[Saved data entries]
****************************************
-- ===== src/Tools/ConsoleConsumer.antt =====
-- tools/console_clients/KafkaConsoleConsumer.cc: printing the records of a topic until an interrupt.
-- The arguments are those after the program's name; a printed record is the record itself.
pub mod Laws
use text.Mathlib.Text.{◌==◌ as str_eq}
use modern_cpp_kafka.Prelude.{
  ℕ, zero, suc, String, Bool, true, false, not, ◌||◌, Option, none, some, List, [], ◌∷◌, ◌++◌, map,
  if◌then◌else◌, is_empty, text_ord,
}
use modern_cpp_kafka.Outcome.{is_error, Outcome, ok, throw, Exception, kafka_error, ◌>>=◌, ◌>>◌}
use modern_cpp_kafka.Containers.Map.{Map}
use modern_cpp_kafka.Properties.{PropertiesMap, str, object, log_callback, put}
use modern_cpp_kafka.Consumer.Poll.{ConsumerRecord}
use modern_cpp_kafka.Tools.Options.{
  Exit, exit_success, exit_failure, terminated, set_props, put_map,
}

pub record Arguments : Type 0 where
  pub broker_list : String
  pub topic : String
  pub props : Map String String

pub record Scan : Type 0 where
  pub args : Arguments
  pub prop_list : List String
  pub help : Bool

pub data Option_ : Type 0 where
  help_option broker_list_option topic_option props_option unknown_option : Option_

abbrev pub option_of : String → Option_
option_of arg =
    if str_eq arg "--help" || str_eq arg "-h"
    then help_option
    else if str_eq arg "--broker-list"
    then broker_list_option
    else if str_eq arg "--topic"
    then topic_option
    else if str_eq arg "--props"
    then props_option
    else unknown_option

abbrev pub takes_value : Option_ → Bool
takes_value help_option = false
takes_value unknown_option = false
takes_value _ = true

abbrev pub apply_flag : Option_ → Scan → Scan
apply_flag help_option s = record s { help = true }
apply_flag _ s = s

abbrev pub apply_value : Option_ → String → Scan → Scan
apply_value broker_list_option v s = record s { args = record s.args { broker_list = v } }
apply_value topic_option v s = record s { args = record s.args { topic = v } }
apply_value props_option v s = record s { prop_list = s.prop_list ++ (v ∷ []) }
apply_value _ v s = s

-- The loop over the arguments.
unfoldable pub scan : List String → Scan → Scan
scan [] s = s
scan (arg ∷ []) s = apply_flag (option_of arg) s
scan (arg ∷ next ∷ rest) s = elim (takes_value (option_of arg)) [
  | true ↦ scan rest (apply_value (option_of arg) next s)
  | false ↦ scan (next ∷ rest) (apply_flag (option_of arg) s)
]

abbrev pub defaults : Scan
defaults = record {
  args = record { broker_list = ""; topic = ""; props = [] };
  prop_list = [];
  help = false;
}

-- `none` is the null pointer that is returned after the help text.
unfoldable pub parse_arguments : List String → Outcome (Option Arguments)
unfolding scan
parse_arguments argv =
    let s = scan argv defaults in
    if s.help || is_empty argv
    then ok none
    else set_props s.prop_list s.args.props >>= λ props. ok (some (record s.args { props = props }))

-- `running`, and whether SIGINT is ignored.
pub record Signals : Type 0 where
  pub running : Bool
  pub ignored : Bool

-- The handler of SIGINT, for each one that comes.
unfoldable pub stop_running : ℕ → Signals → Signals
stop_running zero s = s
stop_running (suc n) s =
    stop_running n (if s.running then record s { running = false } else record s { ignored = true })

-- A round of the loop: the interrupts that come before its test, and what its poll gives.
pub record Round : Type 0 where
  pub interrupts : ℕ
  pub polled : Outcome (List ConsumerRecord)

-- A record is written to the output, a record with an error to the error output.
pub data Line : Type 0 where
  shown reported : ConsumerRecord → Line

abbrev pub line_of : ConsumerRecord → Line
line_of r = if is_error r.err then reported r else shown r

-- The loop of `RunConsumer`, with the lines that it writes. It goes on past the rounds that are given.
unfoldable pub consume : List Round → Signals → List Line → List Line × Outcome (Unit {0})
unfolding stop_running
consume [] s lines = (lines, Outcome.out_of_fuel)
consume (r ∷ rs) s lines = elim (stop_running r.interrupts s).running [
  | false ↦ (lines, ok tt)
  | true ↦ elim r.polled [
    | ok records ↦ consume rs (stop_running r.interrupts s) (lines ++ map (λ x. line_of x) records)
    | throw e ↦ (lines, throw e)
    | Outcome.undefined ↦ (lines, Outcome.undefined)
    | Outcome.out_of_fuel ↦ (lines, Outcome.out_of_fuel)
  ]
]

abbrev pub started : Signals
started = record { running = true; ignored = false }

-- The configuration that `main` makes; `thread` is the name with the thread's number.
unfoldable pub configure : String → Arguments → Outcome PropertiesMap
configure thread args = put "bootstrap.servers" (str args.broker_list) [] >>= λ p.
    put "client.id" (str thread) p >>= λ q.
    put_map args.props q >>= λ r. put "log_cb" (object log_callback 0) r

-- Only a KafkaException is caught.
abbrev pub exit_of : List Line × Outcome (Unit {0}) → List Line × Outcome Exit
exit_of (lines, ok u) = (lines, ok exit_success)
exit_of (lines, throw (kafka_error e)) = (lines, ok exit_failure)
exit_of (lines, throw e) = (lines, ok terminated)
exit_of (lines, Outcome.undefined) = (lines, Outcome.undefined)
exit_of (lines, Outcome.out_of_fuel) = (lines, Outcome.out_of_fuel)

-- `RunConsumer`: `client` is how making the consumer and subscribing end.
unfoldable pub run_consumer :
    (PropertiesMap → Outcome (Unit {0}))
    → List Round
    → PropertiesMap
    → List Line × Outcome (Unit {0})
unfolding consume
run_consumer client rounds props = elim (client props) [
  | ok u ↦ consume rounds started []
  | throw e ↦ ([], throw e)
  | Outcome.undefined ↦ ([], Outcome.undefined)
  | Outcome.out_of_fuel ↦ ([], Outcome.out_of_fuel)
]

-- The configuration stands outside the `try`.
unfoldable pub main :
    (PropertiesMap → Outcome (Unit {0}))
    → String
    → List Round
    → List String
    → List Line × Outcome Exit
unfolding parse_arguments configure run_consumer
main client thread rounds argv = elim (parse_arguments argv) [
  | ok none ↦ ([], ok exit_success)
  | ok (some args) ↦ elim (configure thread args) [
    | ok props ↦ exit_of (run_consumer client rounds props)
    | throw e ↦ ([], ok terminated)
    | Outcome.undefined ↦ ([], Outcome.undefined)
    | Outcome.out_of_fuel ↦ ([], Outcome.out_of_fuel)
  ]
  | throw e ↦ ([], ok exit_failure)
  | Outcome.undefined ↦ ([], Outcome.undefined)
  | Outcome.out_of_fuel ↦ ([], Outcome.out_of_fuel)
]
****************************************
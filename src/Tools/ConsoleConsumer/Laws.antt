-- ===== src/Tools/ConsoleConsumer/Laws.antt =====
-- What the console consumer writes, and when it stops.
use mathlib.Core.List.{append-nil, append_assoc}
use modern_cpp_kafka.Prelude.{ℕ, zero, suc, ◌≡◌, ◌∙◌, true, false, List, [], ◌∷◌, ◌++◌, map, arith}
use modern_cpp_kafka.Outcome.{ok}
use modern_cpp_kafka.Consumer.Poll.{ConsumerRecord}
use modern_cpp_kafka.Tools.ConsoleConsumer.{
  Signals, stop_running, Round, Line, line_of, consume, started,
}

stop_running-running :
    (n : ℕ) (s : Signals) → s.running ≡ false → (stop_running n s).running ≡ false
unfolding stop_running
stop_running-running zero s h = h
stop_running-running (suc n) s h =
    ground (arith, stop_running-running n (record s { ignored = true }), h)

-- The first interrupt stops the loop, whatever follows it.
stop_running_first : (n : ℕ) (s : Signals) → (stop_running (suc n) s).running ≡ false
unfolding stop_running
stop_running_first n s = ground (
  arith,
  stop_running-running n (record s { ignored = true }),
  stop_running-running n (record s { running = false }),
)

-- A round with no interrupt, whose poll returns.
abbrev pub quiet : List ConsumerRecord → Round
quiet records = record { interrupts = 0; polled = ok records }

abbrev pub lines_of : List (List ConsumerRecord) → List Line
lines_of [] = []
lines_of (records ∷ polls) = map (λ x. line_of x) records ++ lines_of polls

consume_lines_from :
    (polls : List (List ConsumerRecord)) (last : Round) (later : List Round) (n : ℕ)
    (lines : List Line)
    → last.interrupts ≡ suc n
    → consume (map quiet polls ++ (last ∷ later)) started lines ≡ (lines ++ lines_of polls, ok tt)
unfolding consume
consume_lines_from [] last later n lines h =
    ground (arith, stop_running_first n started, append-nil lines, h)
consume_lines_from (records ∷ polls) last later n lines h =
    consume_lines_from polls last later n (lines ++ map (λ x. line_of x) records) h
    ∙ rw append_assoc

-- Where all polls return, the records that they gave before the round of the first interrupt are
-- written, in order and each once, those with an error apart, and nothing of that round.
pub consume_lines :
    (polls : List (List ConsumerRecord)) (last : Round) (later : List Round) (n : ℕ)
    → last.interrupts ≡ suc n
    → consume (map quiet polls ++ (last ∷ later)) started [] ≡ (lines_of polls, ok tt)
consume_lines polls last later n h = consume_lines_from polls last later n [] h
****************************************
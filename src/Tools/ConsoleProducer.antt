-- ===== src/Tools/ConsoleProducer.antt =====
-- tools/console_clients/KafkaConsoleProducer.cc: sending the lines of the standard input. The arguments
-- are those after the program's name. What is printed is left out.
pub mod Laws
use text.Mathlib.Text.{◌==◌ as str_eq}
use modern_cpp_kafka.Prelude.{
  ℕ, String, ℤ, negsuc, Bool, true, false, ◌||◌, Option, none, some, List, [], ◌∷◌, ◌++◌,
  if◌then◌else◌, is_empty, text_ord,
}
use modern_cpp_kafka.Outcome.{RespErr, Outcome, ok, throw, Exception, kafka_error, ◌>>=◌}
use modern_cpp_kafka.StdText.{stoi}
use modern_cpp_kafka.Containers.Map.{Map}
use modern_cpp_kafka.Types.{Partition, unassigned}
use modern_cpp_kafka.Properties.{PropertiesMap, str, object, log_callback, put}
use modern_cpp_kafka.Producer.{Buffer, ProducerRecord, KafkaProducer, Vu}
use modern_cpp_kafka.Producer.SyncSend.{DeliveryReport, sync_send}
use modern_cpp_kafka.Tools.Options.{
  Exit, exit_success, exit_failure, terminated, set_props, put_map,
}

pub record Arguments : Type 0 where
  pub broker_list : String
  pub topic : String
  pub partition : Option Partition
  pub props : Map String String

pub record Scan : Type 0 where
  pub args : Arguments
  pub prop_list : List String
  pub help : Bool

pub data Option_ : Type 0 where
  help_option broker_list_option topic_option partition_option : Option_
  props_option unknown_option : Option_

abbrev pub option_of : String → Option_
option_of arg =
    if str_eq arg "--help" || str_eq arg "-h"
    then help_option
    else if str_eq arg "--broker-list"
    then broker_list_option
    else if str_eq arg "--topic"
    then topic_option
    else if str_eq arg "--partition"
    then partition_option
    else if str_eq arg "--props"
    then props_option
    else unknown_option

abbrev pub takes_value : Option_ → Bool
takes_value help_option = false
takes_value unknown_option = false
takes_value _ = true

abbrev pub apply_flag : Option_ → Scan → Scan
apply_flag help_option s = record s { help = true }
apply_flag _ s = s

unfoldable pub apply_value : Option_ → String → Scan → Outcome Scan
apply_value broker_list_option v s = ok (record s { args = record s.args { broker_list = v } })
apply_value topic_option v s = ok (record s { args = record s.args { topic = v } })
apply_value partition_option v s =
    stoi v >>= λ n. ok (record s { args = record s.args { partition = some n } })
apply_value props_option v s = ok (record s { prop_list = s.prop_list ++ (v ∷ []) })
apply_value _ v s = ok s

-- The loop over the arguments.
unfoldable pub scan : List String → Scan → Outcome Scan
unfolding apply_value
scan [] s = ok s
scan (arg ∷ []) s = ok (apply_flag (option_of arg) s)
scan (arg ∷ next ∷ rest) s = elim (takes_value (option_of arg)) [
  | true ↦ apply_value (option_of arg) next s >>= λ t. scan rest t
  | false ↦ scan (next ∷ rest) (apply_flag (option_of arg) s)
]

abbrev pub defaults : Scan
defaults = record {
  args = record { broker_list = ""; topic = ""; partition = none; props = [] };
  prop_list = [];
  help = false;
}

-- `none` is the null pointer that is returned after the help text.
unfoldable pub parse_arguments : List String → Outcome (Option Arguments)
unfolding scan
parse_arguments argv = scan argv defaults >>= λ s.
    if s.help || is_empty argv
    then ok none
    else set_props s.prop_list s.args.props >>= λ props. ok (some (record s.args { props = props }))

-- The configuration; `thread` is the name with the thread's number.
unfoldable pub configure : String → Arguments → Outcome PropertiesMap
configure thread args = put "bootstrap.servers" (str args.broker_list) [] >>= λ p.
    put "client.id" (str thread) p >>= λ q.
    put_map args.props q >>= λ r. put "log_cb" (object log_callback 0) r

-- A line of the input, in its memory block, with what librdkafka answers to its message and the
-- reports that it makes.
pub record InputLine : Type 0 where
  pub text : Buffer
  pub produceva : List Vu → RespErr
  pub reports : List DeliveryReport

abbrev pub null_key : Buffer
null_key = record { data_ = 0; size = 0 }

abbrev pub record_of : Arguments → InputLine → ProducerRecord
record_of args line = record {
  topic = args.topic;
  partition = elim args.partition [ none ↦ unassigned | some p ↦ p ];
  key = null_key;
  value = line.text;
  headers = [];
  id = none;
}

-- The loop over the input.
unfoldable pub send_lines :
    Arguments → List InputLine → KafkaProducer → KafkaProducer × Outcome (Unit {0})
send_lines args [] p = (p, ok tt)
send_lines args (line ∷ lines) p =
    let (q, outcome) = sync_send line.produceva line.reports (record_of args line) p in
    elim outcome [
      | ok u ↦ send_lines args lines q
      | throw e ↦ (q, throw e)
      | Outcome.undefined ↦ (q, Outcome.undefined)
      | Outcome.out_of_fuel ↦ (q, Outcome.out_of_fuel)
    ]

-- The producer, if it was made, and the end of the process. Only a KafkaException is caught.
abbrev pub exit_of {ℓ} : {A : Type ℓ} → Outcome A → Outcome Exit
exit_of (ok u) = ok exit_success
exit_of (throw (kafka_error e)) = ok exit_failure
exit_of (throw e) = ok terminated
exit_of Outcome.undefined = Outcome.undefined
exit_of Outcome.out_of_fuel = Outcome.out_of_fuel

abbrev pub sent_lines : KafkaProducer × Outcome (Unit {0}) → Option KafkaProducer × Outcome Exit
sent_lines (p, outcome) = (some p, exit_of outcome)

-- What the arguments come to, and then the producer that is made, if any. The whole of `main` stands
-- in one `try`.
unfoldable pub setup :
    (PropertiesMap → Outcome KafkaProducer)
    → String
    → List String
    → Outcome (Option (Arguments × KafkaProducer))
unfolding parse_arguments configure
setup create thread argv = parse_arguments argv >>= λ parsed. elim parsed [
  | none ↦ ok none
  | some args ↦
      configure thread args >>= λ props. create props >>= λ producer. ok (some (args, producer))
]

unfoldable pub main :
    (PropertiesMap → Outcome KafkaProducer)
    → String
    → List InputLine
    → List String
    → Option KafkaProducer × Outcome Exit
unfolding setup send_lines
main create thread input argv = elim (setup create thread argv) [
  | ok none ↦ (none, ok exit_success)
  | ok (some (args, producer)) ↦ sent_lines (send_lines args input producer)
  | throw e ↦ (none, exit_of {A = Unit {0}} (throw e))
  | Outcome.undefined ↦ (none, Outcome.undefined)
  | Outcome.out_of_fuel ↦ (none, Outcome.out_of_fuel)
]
****************************************
▸ **The problem**
When the line with "pub interrupts : ℕ" is reached in the data above, start copying there, and copy each line exactly until the line with "abbrev pub line_of : ConsumerRecord → Line" has been copied; copy nothing else.

▸ **Response below**
  pub interrupts : ℕ
  pub polled : Outcome (List ConsumerRecord)

-- A record is written to the output, a record with an error to the error output.
pub data Line : Type 0 where
  shown reported : ConsumerRecord → Line

abbrev pub line_of : ConsumerRecord → Line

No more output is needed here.